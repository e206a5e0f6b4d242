-- ===== src/Compiler/Ownership/Balance/Ends.antt =====
-- What a computation ends with, if it gives a value: a sound walker, and states that were captured.
use stainless.Base.{Bool, Option, none, some, List, All, ◌>>=◌, >>=-eq-some, ◌≡◌}
use stainless.Compiler.Ownership.State.{FlowState, pop_scope}
use stainless.Compiler.Ownership.Walk.{Walker, state_of, leave_scope}
use stainless.Compiler.Ownership.Walk.Arguments.{Walk}
use stainless.Compiler.Ownership.Walk.Loops.{Run, Pass, optional_state}
use stainless.Compiler.Ownership.Balance.{set_state-IsSound, Held, HasBooks, IsSound, Kept}
use stainless.Compiler.Ownership.Balance.Arguments.{WalkKeeps}
use mathlib.Core.Option.{some-injective}
use stainless.Compiler.Ownership.Balance.States.{pop_scope-HasBooks}
use mathlib.Core.Path.{subst}

-- Sound for some loans.
abbrev pub HasSound : Walker → Type 0
HasSound w = (held : Held) × IsSound w held

-- Where the computation gives a value, the value has the property.
pub record Ends {ℓ} {A : Type ℓ} (P : A → Type 0) (m : Option A) : Type ℓ where
  pub ends : (a : A) → m ≡ some a → P a

module _ {ℓ} {A : Type ℓ} {P : A → Type 0} where
  pub some-Ends : (a : A) → P a → Ends P (some a)
  some-Ends a p = record { ends = λ b e. subst P (some-injective _ _ e) p }

  pub bind-Ends {κ} :
      {B : Type κ} {Q : B → Type 0} (m : Option A) (f : A → Option B)
      → Ends P m
      → ((a : A) → m ≡ some a → P a → Ends Q (f a))
      → Ends Q (m >>= f)
  bind-Ends m f k next = record {
    ends = λ b e. let (a, at, done) = >>=-eq-some m f e in (next a at (k.ends a at)).ends b done;
  }

pub Kept-Ends {ℓ} :
    {A : Type ℓ} {walker : A → Walker} {held : A → Held} {m : Option A}
    → Kept walker held m
    → Ends (λ a. HasSound (walker a)) m
Kept-Ends {held = held} k = record { ends = λ a e. (held a, k.kept a e) }

pub anything {ℓ} : {A : Type ℓ} (m : Option A) → Ends (λ a. Unit) m
anything m = record { ends = λ a e. tt }

abbrev pub RunKeeps : Run → Type 0
RunKeeps run = (w : Walker) → HasSound w → Ends (λ (r : Walker × Bool). HasSound r.0) (run w)

-- A walker and states that were captured.
abbrev pub HasStates : Walker × List FlowState → Type 0
HasStates (w, states) = HasSound w × All HasBooks states

abbrev pub PassKeeps : Pass → Type 0
PassKeeps pass =
    (w : Walker)
    → HasSound w
    → Ends (λ (r : Walker × Option FlowState). HasStates (r.0, optional_state r.1)) (pass w)

abbrev pub OptionWalkKeeps : Option Walk → Type 0
OptionWalkKeeps none = Unit
OptionWalkKeeps (some walk) = WalkKeeps walk

pub leave_scope-Ends : (w : Walker) → HasSound w → Ends HasSound (leave_scope w)
unfolding leave_scope
leave_scope-Ends w (held, s) =
    bind-Ends (pop_scope (state_of w)) _ (anything (pop_scope (state_of w))) (λ st at _.
      let (held', b) = pop_scope-HasBooks (state_of w) st at (held, s.books) in
      some-Ends _ (held', set_state-IsSound w st s b))
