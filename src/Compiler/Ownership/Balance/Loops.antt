-- ===== src/Compiler/Ownership/Balance/Loops.antt =====
-- A loop ends with the books of the state before it: what its passes leave is joined with that state.
use stainless.Base.{
  ℕ, ◌==◌, ◌-◌, zero, suc, if◌then◌else◌, Bool, true, false, not, ◌&&◌, ◌||◌, any, Option, none,
  some, List, [], ◌∷◌, ◌++◌, length, take, drop, All, >>=-eq-some, ◌≡◌, inl, inr, Bool-cases,
}
use stainless.Compiler.Diagnostic.{Span}
use stainless.Compiler.Types.{is_reference}
use stainless.Compiler.Syntax.Statements.{RangeBinding}
use stainless.Compiler.Resolution.Model.{SemanticModel, BindingResolution, expression_resolution}
use stainless.Compiler.Ownership.State.{FlowState, merge_many_states}
use stainless.Compiler.Ownership.Analyzer.{read}
use stainless.Compiler.Ownership.Accounting.Moves.{to_list}
use stainless.Compiler.Ownership.Walk.{
  Walker, LoopContext, LastUses, state_of, set_state, enter_scope, leave_scope, declare_local,
}
use stainless.Compiler.Ownership.Walk.Arguments.{Walk, Walked, is_mutable_reference}
use stainless.Compiler.Ownership.Walk.Calls.{call_of}
use stainless.Compiler.Ownership.Walk.Expressions.{has_json_type}
use stainless.Compiler.Ownership.Walk.Loops.{
  Run, Pass, innermost, drop_loop, set_depth, enter_loop, leave_loop, split_continues, body_pass,
  tail_part, loop_tail, each_tail, join_tails, loop_iteration, join_passes, repeat_pass,
  optional_state, run_loop, while_walk, classic_walk, declare_each, range_iteration, is_move,
  lend_if, range_usage, range_loop, range_bindings, range_walk,
}
use stainless.Compiler.Ownership.Balance.{
  Keeps, HasExits, Held, with_loans, deeper, HasBooks, IsSound, some-Kept, bind-Kept,
  set_state-IsSound,
}
use stainless.Compiler.Ownership.Balance.Operations.{
  Lent, enter_scope-IsSound, leave_scope-Keeps, lend-Lent, give_back_option-Keeps, expire-Keeps,
  declare_local-KeepsWith,
}
use stainless.Compiler.Ownership.Balance.Captures.{merge_many_states-HasBooks, merge_baseline-Books}
use stainless.Compiler.Ownership.Balance.Arguments.{WalkKeeps, WriteKeeps, WalkedKeeps}
use mathlib.Core.Option.{some-injective, none-ne-some}
use mathlib.Core.Path.{subst}
use stainless.Compiler.Ownership.Balance.Ends.{
  leave_scope-Ends, Ends, HasSound, HasStates, Kept-Ends, OptionWalkKeeps, PassKeeps, RunKeeps,
  anything, bind-Ends, some-Ends,
}

pub set_state-HasSound :
    (st : FlowState) (w : Walker) → HasSound w → HasBooks st → HasSound (set_state st w)
set_state-HasSound st w (held, s) (held', b) = (held', set_state-IsSound w st s b)

pub HasSound-HasBooks : (w : Walker) → HasSound w → HasBooks (state_of w)
HasSound-HasBooks w (held, s) = (held, s.books)

All-take : (P : FlowState → Type 0) (n : ℕ) (xs : List FlowState) → All P xs → All P (take n xs)
All-take P zero xs all = tt
All-take P (suc n) [] all = tt
All-take P (suc n) (x ∷ xs) (p, all) = (p, All-take P n xs all)

All-drop : (P : FlowState → Type 0) (n : ℕ) (xs : List FlowState) → All P xs → All P (drop n xs)
All-drop P zero xs all = all
All-drop P (suc n) [] all = tt
All-drop P (suc n) (x ∷ xs) (p, all) = All-drop P n xs all

abbrev HasAllExits : List LoopContext → Type 0
HasAllExits contexts = All HasExits contexts

rest-HasAllExits :
    (contexts : List LoopContext) → HasAllExits contexts → HasAllExits (drop 1 contexts)
rest-HasAllExits [] all = tt
rest-HasAllExits (c ∷ contexts) (one, all) = all

innermost-HasAllExits :
    (contexts : List LoopContext) (context : LoopContext)
    → innermost contexts ≡ some context
    → HasAllExits contexts
    → HasExits context
innermost-HasAllExits [] context e all = absurd (none-ne-some context e)
innermost-HasAllExits (c ∷ contexts) context e (one, all) =
    subst HasExits (some-injective _ _ e) one

pub enter_loop-IsSound :
    (w : Walker) {held : Held} → IsSound w held → IsSound (enter_loop w) (deeper held)
unfolding enter_loop
enter_loop-IsSound w s =
    let entered = enter_scope-IsSound w s in
    record { books = entered.books; exits = ((tt, tt), s.exits); throws = s.throws }

pub leave_loop-Keeps :
    (position : ℕ) (w : Walker) (held : Held)
    → IsSound w (deeper held)
    → Keeps held (leave_loop position w)
unfolding leave_loop
leave_loop-Keeps position w held s =
    bind-Kept (leave_scope (set_depth (λ n. n - 1) (drop_loop w))) _
      (leave_scope-Keeps (set_depth (λ n. n - 1) (drop_loop w))
        (record { books = s.books; exits = rest-HasAllExits w.loops s.exits; throws = s.throws }))
      (λ v s'. expire-Keeps position v s')

split_continues-Ends :
    (start : ℕ) (w : Walker) → HasSound w → Ends HasStates (split_continues start w)
unfolding split_continues
split_continues-Ends start w (held, s) =
    bind-Ends (innermost w.loops) _ (anything (innermost w.loops)) (λ context at _.
      let all = innermost-HasAllExits w.loops context at s.exits in
      some-Ends _ (
        (
          held,
          record {
            books = s.books;
            exits = (
              (All-take HasBooks start context.continue_states all.0, all.1),
              rest-HasAllExits w.loops s.exits,
            );
            throws = s.throws;
          },
        ),
        All-drop HasBooks start context.continue_states all.0,
      ))

pub reachable-All :
    (reachable : Bool) (st : FlowState) (states : List FlowState)
    → HasBooks st
    → All HasBooks states
    → All HasBooks (if reachable then st ∷ states else states)
reachable-All true st states h all = (h, all)
reachable-All false st states h all = all

body_pass-Ends :
    (declare_bindings : Walker → Option Walker) (run : Run)
    → WriteKeeps declare_bindings
    → RunKeeps run
    → (w : Walker) → HasSound w
    → Ends HasStates (body_pass declare_bindings run w)
unfolding body_pass
body_pass-Ends declare_bindings run d k w (held, s) =
    bind-Ends (innermost w.loops) _ (anything (innermost w.loops)) (λ context at _.
      bind-Ends (declare_bindings (enter_scope w)) _
        (Kept-Ends (d (enter_scope w) (deeper held) (enter_scope-IsSound w s)))
        (λ v at₁ s₁. bind-Ends (run v) _ (k v s₁) (λ ran at₂ s₂.
          bind-Ends (leave_scope ran.0) _ (leave_scope-Ends ran.0 s₂) (λ left at₃ s₃.
            bind-Ends (split_continues (length context.continue_states) left) _
              (split_continues-Ends (length context.continue_states) left s₃)
              (λ split at₄ s₄. some-Ends _ (
                s₄.0,
                reachable-All ran.1 (state_of left) split.1 (HasSound-HasBooks left s₃) s₄.1,
              ))))))

tail_part-Keeps : (walk : Option Walk) → OptionWalkKeeps walk → WriteKeeps (tail_part walk)
unfolding tail_part
tail_part-Keeps none k w held s = some-Kept w s
tail_part-Keeps (some walk) k w held s =
    bind-Kept (walk read w) _ (k read w held s) (λ r s'. some-Kept r.0 s')

module _ (update condition : Option Walk) (u : OptionWalkKeeps update)
    (c : OptionWalkKeeps condition) where
  loop_tail-Ends :
      (st : FlowState) (w : Walker)
      → HasSound w
      → HasBooks st
      → Ends
          (λ (r : Walker × FlowState). HasSound r.0 × HasBooks r.1)
          (loop_tail update condition st w)
  unfolding loop_tail
  loop_tail-Ends st w (held', s) (held, b) =
      bind-Ends (tail_part update (set_state st w)) _
        (Kept-Ends (tail_part-Keeps update u (set_state st w) held (set_state-IsSound w st s b)))
        (λ v at s₁.
          bind-Ends (tail_part condition v) _ (Kept-Ends (tail_part-Keeps condition c v s₁.0 s₁.1))
            (λ tested at' s₂. some-Ends _ (
              set_state-HasSound (state_of w) tested s₂ (held', s.books),
              HasSound-HasBooks tested s₂,
            )))

  each_tail-Ends :
      (states : List FlowState) (w : Walker)
      → HasSound w
      → All HasBooks states
      → Ends HasStates (each_tail update condition states w)
  unfolding each_tail loop_tail
  each_tail-Ends [] w h all = some-Ends (w, []) (h, tt)
  each_tail-Ends (st ∷ states) w h ((held, b), all) =
      bind-Ends (loop_tail update condition st w) _ (loop_tail-Ends st w h (held, b)) (λ r at p.
        bind-Ends (each_tail update condition states r.0) _ (each_tail-Ends states r.0 p.0 all)
          (λ d at' q. some-Ends _ (q.0, (p.1, q.1))))

  join_tails-Ends :
      (states : List FlowState) (w : Walker)
      → HasSound w
      → All HasBooks states
      → Ends
          (λ (r : Walker × Option FlowState). HasStates (r.0, optional_state r.1))
          (join_tails update condition states w)
  unfolding join_tails
  join_tails-Ends [] w h all = some-Ends (w, none) (h, tt)
  join_tails-Ends (st ∷ states) w h all =
      bind-Ends (each_tail update condition (st ∷ states) w) _
        (each_tail-Ends (st ∷ states) w h all)
        (λ r at p.
          bind-Ends (merge_many_states st r.1) _ (anything (merge_many_states st r.1))
            (λ merged at' _.
              some-Ends _ (p.0, (merge_many_states-HasBooks st r.1 at' all.0 p.1, tt))))

  loop_iteration-Keeps :
      (run : Run) → RunKeeps run → PassKeeps (loop_iteration run update condition)
  unfolding loop_iteration
  loop_iteration-Keeps run k w h =
      bind-Ends (body_pass (λ v. some v) run w) _
        (body_pass-Ends (λ v. some v) run (λ v held s. some-Kept v s) k w h)
        (λ r at p. join_tails-Ends r.1 r.0 p.0 p.1)

join_passes-Ends :
    (states : List FlowState) (w : Walker)
    → HasSound w
    → All HasBooks states
    → Ends
        (λ (r : Walker × Option FlowState). HasStates (r.0, optional_state r.1))
        (join_passes states w)
unfolding join_passes
join_passes-Ends [] w h all = some-Ends (w, none) (h, tt)
join_passes-Ends (st ∷ states) w h all =
    bind-Ends (merge_many_states st (st ∷ states)) _ (anything (merge_many_states st (st ∷ states)))
      (λ merged at _.
        some-Ends _ (h, (merge_many_states-HasBooks st (st ∷ states) at all.0 all, tt)))

repeat_pass-Ends :
    (pass : Pass)
    → PassKeeps pass
    → (first : Option FlowState) (w : Walker) → HasStates (w, optional_state first)
    → Ends
        (λ (r : Walker × Option FlowState). HasStates (r.0, optional_state r.1))
        (repeat_pass pass first w)
unfolding repeat_pass
repeat_pass-Ends pass k none w (h, _) = some-Ends (w, none) (h, tt)
repeat_pass-Ends pass k (some st) w (h, all) = k (set_state st w) (set_state-HasSound st w h all.0)

run_loop-Keeps : (pass : Pass) → PassKeeps pass → WriteKeeps (run_loop pass)
unfolding run_loop
run_loop-Keeps pass k w held s = record {
  kept = λ w' e.
      let (once, at, e₁) = >>=-eq-some (pass w) _ e in
      let p = (k w (held, s)).ends once at in
      let (twice, at₁, e₂) = >>=-eq-some (repeat_pass pass once.1 once.0) _ e₁ in
      let q = (repeat_pass-Ends pass k once.1 once.0 p).ends twice at₁ in
      let (context, _, e₃) = >>=-eq-some (innermost twice.0.loops) _ e₂ in
      let (m, at₃, e₄) =
        >>=-eq-some
          (merge_many_states (state_of w) (
            state_of w
            ∷ (optional_state once.1 ++ (optional_state twice.1 ++ context.break_states))))
          _ e₃ in
      subst (λ v. IsSound v held) (some-injective _ _ e₄)
        (set_state-IsSound twice.0 m q.0.1 (merge_baseline-Books (state_of w) _ held at₃ s.books));
}

pub while_walk-Keeps :
    (condition : Walk) (run : Run) (body_end : ℕ)
    → WalkKeeps condition
    → RunKeeps run
    → WriteKeeps (while_walk condition run body_end)
unfolding while_walk
while_walk-Keeps condition run body_end c k w held s =
    bind-Kept (condition read (enter_loop w)) _
      (c read (enter_loop w) (deeper held) (enter_loop-IsSound w s))
      (λ r s₁.
        bind-Kept (run_loop (loop_iteration run none (some condition)) r.0) _
          (run_loop-Keeps (loop_iteration run none (some condition))
            (loop_iteration-Keeps none (some condition) tt c run k) r.0 (deeper held) s₁)
          (λ v s₂. leave_loop-Keeps body_end v held s₂))

pub classic_walk-Keeps :
    (condition update : Option Walk) (run : Run)
    → OptionWalkKeeps condition
    → OptionWalkKeeps update
    → RunKeeps run
    → WriteKeeps (classic_walk condition update run)
unfolding classic_walk
classic_walk-Keeps condition update run c u k w held s =
    bind-Kept (tail_part condition w) _ (tail_part-Keeps condition c w held s) (λ v s₁.
      run_loop-Keeps (loop_iteration run update condition)
        (loop_iteration-Keeps update condition u c run k) v held s₁)

declare_each-Keeps :
    (last_uses : LastUses) (bindings : List BindingResolution)
    → WriteKeeps (declare_each last_uses bindings)
unfolding declare_each
declare_each-Keeps last_uses [] w held s = some-Kept w s
declare_each-Keeps last_uses (b ∷ bindings) w held s =
    bind-Kept (declare_local last_uses b.name b.ty none b.span w) _
      (declare_local-KeepsWith last_uses b.name b.ty none b.span w s)
      (λ r s'. declare_each-Keeps last_uses bindings r.0 held s')

range_iteration-Keeps :
    (last_uses : LastUses) (bindings : List BindingResolution) (run : Run)
    → RunKeeps run
    → PassKeeps (range_iteration last_uses bindings run)
unfolding range_iteration
range_iteration-Keeps last_uses bindings run k w h =
    bind-Ends (body_pass (declare_each last_uses bindings) run w) _
      (body_pass-Ends (declare_each last_uses bindings) run (declare_each-Keeps last_uses bindings)
        k w h)
      (λ r at p. join_passes-Ends r.1 r.0 p.0 p.1)

lend_if-Lent :
    (borrowed : Bool) (from : Option ℕ) (mutable : Bool) (span : Span) (w : Walker) {held : Held}
    → IsSound w held
    → Lent held (lend_if borrowed from mutable span w)
unfolding lend_if
lend_if-Lent false from mutable span w s = some-Kept (w, none) s
lend_if-Lent true from mutable span w s = lend-Lent from mutable span w s

range_loop-Keeps :
    (last_uses : LastUses) (json_array moved_range : Bool) (bindings : List BindingResolution)
    (iterable : Walked) (run : Run)
    → WalkedKeeps iterable
    → RunKeeps run
    → WriteKeeps (range_loop last_uses json_array moved_range bindings iterable run)
unfolding range_loop
range_loop-Keeps last_uses json_array moved_range bindings iterable run i k w held s =
    let mutable = any (λ (b : BindingResolution). is_mutable_reference b.ty) bindings in
    let borrowed =
      not json_array
      && (any (λ (b : BindingResolution). is_reference b.ty) bindings || not moved_range) in
    bind-Kept (iterable.walk (range_usage (moved_range || json_array) mutable) w) _
      (i.walks (range_usage (moved_range || json_array) mutable) w held s)
      (λ r s₁.
        bind-Kept (lend_if borrowed r.1 mutable iterable.span r.0) _
          (lend_if-Lent borrowed r.1 mutable iterable.span r.0 s₁)
          (λ l s₂.
            bind-Kept (run_loop (range_iteration last_uses bindings run) l.0) _
              (run_loop-Keeps (range_iteration last_uses bindings run)
                (range_iteration-Keeps last_uses bindings run k) l.0 (with_loans (to_list l.1) held)
                s₂)
              (λ v s₃. give_back_option-Keeps l.1 v s₃)))

pub range_walk-Keeps :
    (semantics : SemanticModel) (last_uses : LastUses) (syntax : List RangeBinding)
    (iterable : Walked) (run : Run)
    → WalkedKeeps iterable
    → RunKeeps run
    → WriteKeeps (range_walk semantics last_uses syntax iterable run)
unfolding range_walk
range_walk-Keeps semantics last_uses syntax iterable run i k w held s =
    elim (Bool-cases (length (range_bindings semantics syntax) == length syntax)) [
      | inl resolved ↦ rw resolved (
          range_loop-Keeps last_uses (has_json_type (expression_resolution semantics iterable.span))
            (is_move (call_of semantics (expression_resolution semantics iterable.span)))
            (range_bindings semantics syntax) iterable run i k w held s)
      | inr missing ↦ rw missing (some-Kept w s)
    ]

* **Assignment**: Which lines hold the string "semantics"? Copy all of them from the data above.

* **Task output**:
    (semantics : SemanticModel) (last_uses : LastUses) (syntax : List RangeBinding)
    → WriteKeeps (range_walk semantics last_uses syntax iterable run)
range_walk-Keeps semantics last_uses syntax iterable run i k w held s =
    elim (Bool-cases (length (range_bindings semantics syntax) == length syntax)) [
          range_loop-Keeps last_uses (has_json_type (expression_resolution semantics iterable.span))
            (is_move (call_of semantics (expression_resolution semantics iterable.span)))
            (range_bindings semantics syntax) iterable run i k w held s)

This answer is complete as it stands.